YOUR GOAL
When you find the line with "d).delays ≤ left)" among the records below, reproduce it and each line after it exactly, ending with the line with "unfolding attempts_from".

SUPPLIED DATA
■ ■ ■ ■ ■ ■ ■
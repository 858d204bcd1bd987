-- ===== src/Webhooks/Delivery/Outcome.antt =====
-- What becomes of a delivery over its attempts.
use sms_app.Base.{
  ℕ, zero, suc, ◌+◌, ◌*◌, ◌≤◌, String, Bool, true, false, not, ◌&&◌, Option, none, some, List, [],
  ◌∷◌, ◌≡◌, refl, arith, if◌then◌else◌, leb, length,
}
use sms_app.Webhooks.Delivery.{
  Answer, Delivery, responded, no_response, is_success, process, attempts_from, deliver,
  backoff_strategy, new_delivery,
}

abbrev pub is_set : Option ℕ → Bool
is_set none = false
is_set (some n) = true

abbrev pub fails : Answer → Bool
fails (responded status body) = not (is_success status)
fails no_response = true

-- Whether the attempts from `made` on all fail.
abbrev pub all_fail : (ℕ → Answer) → ℕ → ℕ → Bool
all_fail answers zero made = true
all_fail answers (suc left) made = fails (answers made) && all_fail answers left (made + 1)

abbrev pub total_delay : List ℕ → ℕ
total_delay [] = 0
total_delay (d ∷ ds) = d + total_delay ds

-- The delays of the attempts from `made` on, up to the last.
abbrev waited : ℕ → ℕ → ℕ
waited zero made = 0
waited (suc left) made = backoff_strategy (made + 1) + waited left (made + 1)

-- The text function, the clock and the answers of the attempts.
module _ (slice : String → String) (clock : ℕ → ℕ) (answers : ℕ → Answer) where
  process_lem :
      (made : ℕ) (d : Delivery)
      → ((process slice (clock made) made (answers made) d).1 ≡ fails (answers made))
        × ((process slice (clock made) made (answers made) d).0.attempts ≡ made + 1)
        × (is_set (process slice (clock made) made (answers made) d).0.completed_at
            ≡ (if fails (answers made) then is_set d.completed_at else true))
        × (is_set (process slice (clock made) made (answers made) d).0.failed_at
            ≡ (if fails (answers made) && leb 5 (made + 1) then true else is_set d.failed_at))
  unfolding process
  process_lem made d = ground arith

  attempts_from-outcome :
      (left made : ℕ) (d : Delivery)
      → made + suc left ≡ 5
      → is_set d.completed_at ≡ false
      → is_set d.failed_at ≡ false
      → ((attempts_from slice clock answers (suc left) made d).delivery.attempts
          ≡ made + 1 + length (attempts_from slice clock answers (suc left) made d).delays)
        × (length (attempts_from slice clock answers (suc left) made d).delays ≤ left)
        × (total_delay (attempts_from slice clock answers (suc left) made d).delays
            ≤ waited left made)
        × (is_set (attempts_from slice clock answers (suc left) made d).delivery.failed_at
            ≡ all_fail answers (suc left) made)
        × (is_set (attempts_from slice clock answers (suc left) made d).delivery.completed_at
            ≡ not (all_fail answers (suc left) made))
  unfolding attempts_from
  attempts_from-outcome zero made d h c f = ground (arith, process_lem made d)
  attempts_from-outcome (suc left) made d h c f = ground (
    arith,
    process_lem made d,
    attempts_from-outcome left (made + 1) (process slice (clock made) made (answers made) d).0,
  )

  -- A delivery takes one to five attempts, each but the first after its delay, and waits at most two
  -- hours and 36 minutes over all of them.
  pub delivery_bounds :
      (1 ≤ (deliver slice clock answers).delivery.attempts)
      × ((deliver slice clock answers).delivery.attempts ≤ 5)
      × ((deliver slice clock answers).delivery.attempts
          ≡ 1 + length (deliver slice clock answers).delays)
      × (total_delay (deliver slice clock answers).delays ≤ 156 * 60000)
  unfolding deliver backoff_strategy
  delivery_bounds = omega (arith, attempts_from-outcome 4 0 new_delivery (omega arith) refl refl)

  -- A delivery ends as failed exactly if all five attempts fail, and as completed exactly if not.
  pub delivery_settles :
      (is_set (deliver slice clock answers).delivery.failed_at ≡ all_fail answers 5 0)
      × (is_set (deliver slice clock answers).delivery.completed_at ≡ not (all_fail answers 5 0))
  unfolding deliver
  delivery_settles =
      let outcome = attempts_from-outcome 4 0 new_delivery (omega arith) refl refl in
      (outcome.3, outcome.4)
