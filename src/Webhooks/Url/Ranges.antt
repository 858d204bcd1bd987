-- ===== src/Webhooks/Url/Ranges.antt =====
-- Which IPv4 addresses the validator takes for private.
use sms_app.Base.{
  ℕ, ◌+◌, ◌/◌, ◌%◌, ◌<◌, String, Bool, true, false, ◌&&◌, ◌||◌, List, [], ◌∷◌, ◌++◌, map, zero, suc,
  ◌≡◌, refl, arith, if◌then◌else◌, ◌==◌, nat_eq, nat_same, ltb, leb, codes, is_prefix, same_codes,
}
use sms_app.Webhooks.Url.{is_private_ip, private_prefixes, starts_with_some}

-- The decimal digits of a number below a thousand.
abbrev pub digits : ℕ → List ℕ
digits n =
    if ltb n 10
    then (48 + n) ∷ []
    else if ltb n 100
    then (48 + n / 10) ∷ (48 + n % 10) ∷ []
    else (48 + n / 100) ∷ (48 + n / 10 % 10) ∷ (48 + n % 10) ∷ []

-- `a.b.c.d`
abbrev pub dotted : ℕ → ℕ → ℕ → ℕ → List ℕ
dotted a b c d = digits a ++ (46 ∷ (digits b ++ (46 ∷ (digits c ++ (46 ∷ digits d)))))

is_prefix-digits :
    (x a : ℕ) (word text : List ℕ)
    → x < 256
    → a < 256
    → is_prefix (digits x ++ (46 ∷ word)) (digits a ++ (46 ∷ text))
      ≡ nat_same x a && is_prefix word text
is_prefix-digits x a word text hx ha = ground arith

same_codes-digits :
    (x a : ℕ) (word text : List ℕ)
    → x < 256
    → a < 256
    → same_codes (digits x ++ (46 ∷ word)) (digits a ++ (46 ∷ text))
      ≡ nat_same x a && same_codes word text
same_codes-digits x a word text hx ha = ground arith

same_codes-last : (x a : ℕ) → x < 256 → a < 256 → same_codes (digits x) (digits a) ≡ nat_same x a
same_codes-last x a hx ha = ground arith

abbrev two_octets : ℕ × ℕ → List ℕ
two_octets (x, y) = digits x ++ (46 ∷ (digits y ++ (46 ∷ [])))

abbrev AreOctets : List (ℕ × ℕ) → Type 0
AreOctets [] = Unit {0}
AreOctets ((x, y) ∷ ps) = (x < 256) × (y < 256) × AreOctets ps

abbrev some_pair : List (ℕ × ℕ) → ℕ → ℕ → Bool
some_pair [] a b = false
some_pair ((x, y) ∷ ps) a b = (nat_same x a && nat_same y b) || some_pair ps a b

-- Any list of such prefixes.
starts_with_some-pairs :
    (ps : List (ℕ × ℕ)) (a b : ℕ) (text : List ℕ)
    → a < 256
    → b < 256
    → AreOctets ps
    → starts_with_some (map two_octets ps) (digits a ++ (46 ∷ (digits b ++ (46 ∷ text))))
      ≡ some_pair ps a b
starts_with_some-pairs [] a b text ha hb h = refl
starts_with_some-pairs ((x, y) ∷ ps) a b text ha hb h =
    rw
      (
        is_prefix-digits x a (digits y ++ (46 ∷ [])) (digits b ++ (46 ∷ text)) h.0 ha,
        is_prefix-digits y b [] text h.1 hb,
        starts_with_some-pairs ps a b text ha hb h.2,
      )
      (ground arith)

-- `n` pairs from (x, y) on.
abbrev run : ℕ → ℕ → ℕ → List (ℕ × ℕ)
run x y zero = []
run x y (suc n) = (x, y) ∷ run x (y + 1) n

some_pair-run :
    (x y n : ℕ) (ps : List (ℕ × ℕ)) (a b : ℕ)
    → some_pair (run x y n ++ ps) a b
      ≡ ((nat_same x a && (leb y b && ltb b (y + n))) || some_pair ps a b)
some_pair-run x y zero ps a b = ground arith
some_pair-run x y (suc n) ps a b = ground (arith, some_pair-run x (y + 1) n ps a b)

abbrev private_pairs : List (ℕ × ℕ)
private_pairs = run 172 16 16 ++ ((192, 168) ∷ (169, 254) ∷ [])

prefixes_are_pairs :
    map codes private_prefixes ≡ (digits 10 ++ (46 ∷ [])) ∷ map two_octets private_pairs
prefixes_are_pairs = refl

abbrev one_address : ℕ → ℕ → ℕ → ℕ → ℕ → ℕ → ℕ → ℕ → Bool
one_address x y z w a b c d = nat_same x a && (nat_same y b && (nat_same z c && nat_same w d))

same_codes-dotted :
    (x y z w a b c d : ℕ)
    → x < 256
    → y < 256
    → z < 256
    → w < 256
    → a < 256
    → b < 256
    → c < 256
    → d < 256
    → same_codes (dotted x y z w) (dotted a b c d) ≡ one_address x y z w a b c d
same_codes-dotted x y z w a b c d hx hy hz hw ha hb hc hd = rw (
  same_codes-digits x a (digits y ++ (46 ∷ (digits z ++ (46 ∷ digits w))))
      (digits b ++ (46 ∷ (digits c ++ (46 ∷ digits d)))) hx ha,
  same_codes-digits y b (digits z ++ (46 ∷ digits w)) (digits c ++ (46 ∷ digits d)) hy hb,
  same_codes-digits z c (digits w) (digits d) hz hc,
  same_codes-last w d hw hd,
)

-- The ranges by their numbers: 10/8, 172.16/12, 192.168/16, 169.254/16 and the two single addresses.
abbrev pub in_ranges : ℕ → ℕ → ℕ → ℕ → Bool
in_ranges a b c d =
    a == 10
    || ((a == 172 && (leb 16 b && leb b 31))
        || ((a == 192 && b == 168)
            || ((a == 169 && b == 254)
                || ((a == 127 && (b == 0 && (c == 0 && d == 1)))
                    || (a == 0 && (b == 0 && (c == 0 && d == 0)))))))

pairs_are_ranges :
    (a b c d : ℕ)
    → (((nat_same 10 a && true) || some_pair private_pairs a b)
        || (one_address 127 0 0 1 a b c d || one_address 0 0 0 0 a b c d))
      ≡ in_ranges a b c d
pairs_are_ranges a b c d =
    rw (some_pair-run 172 16 16 ((192, 168) ∷ (169, 254) ∷ []) a b) (ground arith)

-- The validator takes a dotted address for private exactly if its numbers are in one of the ranges
-- 10/8, 172.16/12, 192.168/16 and 169.254/16, or it is 127.0.0.1 or 0.0.0.0.
pub is_private_ip-dotted :
    (ip : String) (a b c d : ℕ)
    → a < 256
    → b < 256
    → c < 256
    → d < 256
    → codes ip ≡ dotted a b c d
    → is_private_ip ip ≡ in_ranges a b c d
unfolding is_private_ip
is_private_ip-dotted ip a b c d ha hb hc hd e =
    let rest = digits c ++ (46 ∷ digits d) in
    rw
      (
        e,
        is_prefix-digits 10 a [] (digits b ++ (46 ∷ rest)) (omega arith) ha,
        starts_with_some-pairs private_pairs a b rest ha hb (omega arith),
        same_codes-dotted 127 0 0 1 a b c d (omega arith) (omega arith) (omega arith) (omega arith)
            ha hb hc hd,
        same_codes-dotted 0 0 0 0 a b c d (omega arith) (omega arith) (omega arith) (omega arith) ha
            hb hc hd,
      )
      (pairs_are_ranges a b c d)
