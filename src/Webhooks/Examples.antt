-- ===== src/Webhooks/Examples.antt =====
-- The theorems at a private address and at a delivery that succeeds at its third attempt.
use sms_app.Base.{
  ℕ, ◌+◌, ◌*◌, ◌≤◌, true, false, ◌≡◌, refl, arith, if◌then◌else◌, ltb, length, [], ◌∷◌,
}
use sms_app.Webhooks.{Subscription, emit_event, delivery_of, job_of, emit_all}
use sms_app.Webhooks.Url.{is_private_ip}
use sms_app.Webhooks.Url.Ranges.{in_ranges, is_private_ip-dotted}
use sms_app.Webhooks.Delivery.{Answer, responded, deliver}
use sms_app.Webhooks.Delivery.Outcome.{total_delay, delivery_bounds}

is_private_ip-dotted_example : is_private_ip "172.31.0.9" ≡ in_ranges 172 31 0 9
is_private_ip-dotted_example =
    is_private_ip-dotted "172.31.0.9" 172 31 0 9 (omega arith) (omega arith) (omega arith)
      (omega arith) refl

loopback_allowed : is_private_ip "127.0.0.2" ≡ false
unfolding is_private_ip
loopback_allowed = refl

abbrev third_time : ℕ → Answer
third_time n = if ltb n 2 then responded 503 "busy" else responded 200 "ok"

delivery_bounds_example :
    (1 ≤ (deliver (λ s. s) (λ n. n) third_time).delivery.attempts)
    × ((deliver (λ s. s) (λ n. n) third_time).delivery.attempts ≤ 5)
    × ((deliver (λ s. s) (λ n. n) third_time).delivery.attempts
        ≡ 1 + length (deliver (λ s. s) (λ n. n) third_time).delays)
    × (total_delay (deliver (λ s. s) (λ n. n) third_time).delays ≤ 156 * 60000)
delivery_bounds_example = delivery_bounds (λ s. s) (λ n. n) third_time

abbrev subscriber : Subscription
subscriber = record {
  id = "s";
  org_id = "o";
  name = "n";
  url = "https://a.example";
  secret = "k";
  events = "camera.offline" ∷ [];
  is_active = true;
}

emitted : emit_event (λ id. id) "o" "camera.offline" "{}" (subscriber ∷ []) ≡ (
  delivery_of "s" "camera.offline" "{}" subscriber ∷ [],
  job_of "s" "camera.offline" "{}" subscriber ∷ [],
)
unfolding emit_event emit_all
emitted = refl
■ ■ ■ ■ ■ ■ ■
YOUR SOLUTION
        × (length (attempts_from slice clock answers (suc left) made d).delays ≤ left)
        × (total_delay (attempts_from slice clock answers (suc left) made d).delays
            ≤ waited left made)
        × (is_set (attempts_from slice clock answers (suc left) made d).delivery.failed_at
            ≡ all_fail answers (suc left) made)
        × (is_set (attempts_from slice clock answers (suc left) made d).delivery.completed_at
            ≡ not (all_fail answers (suc left) made))
  unfolding attempts_from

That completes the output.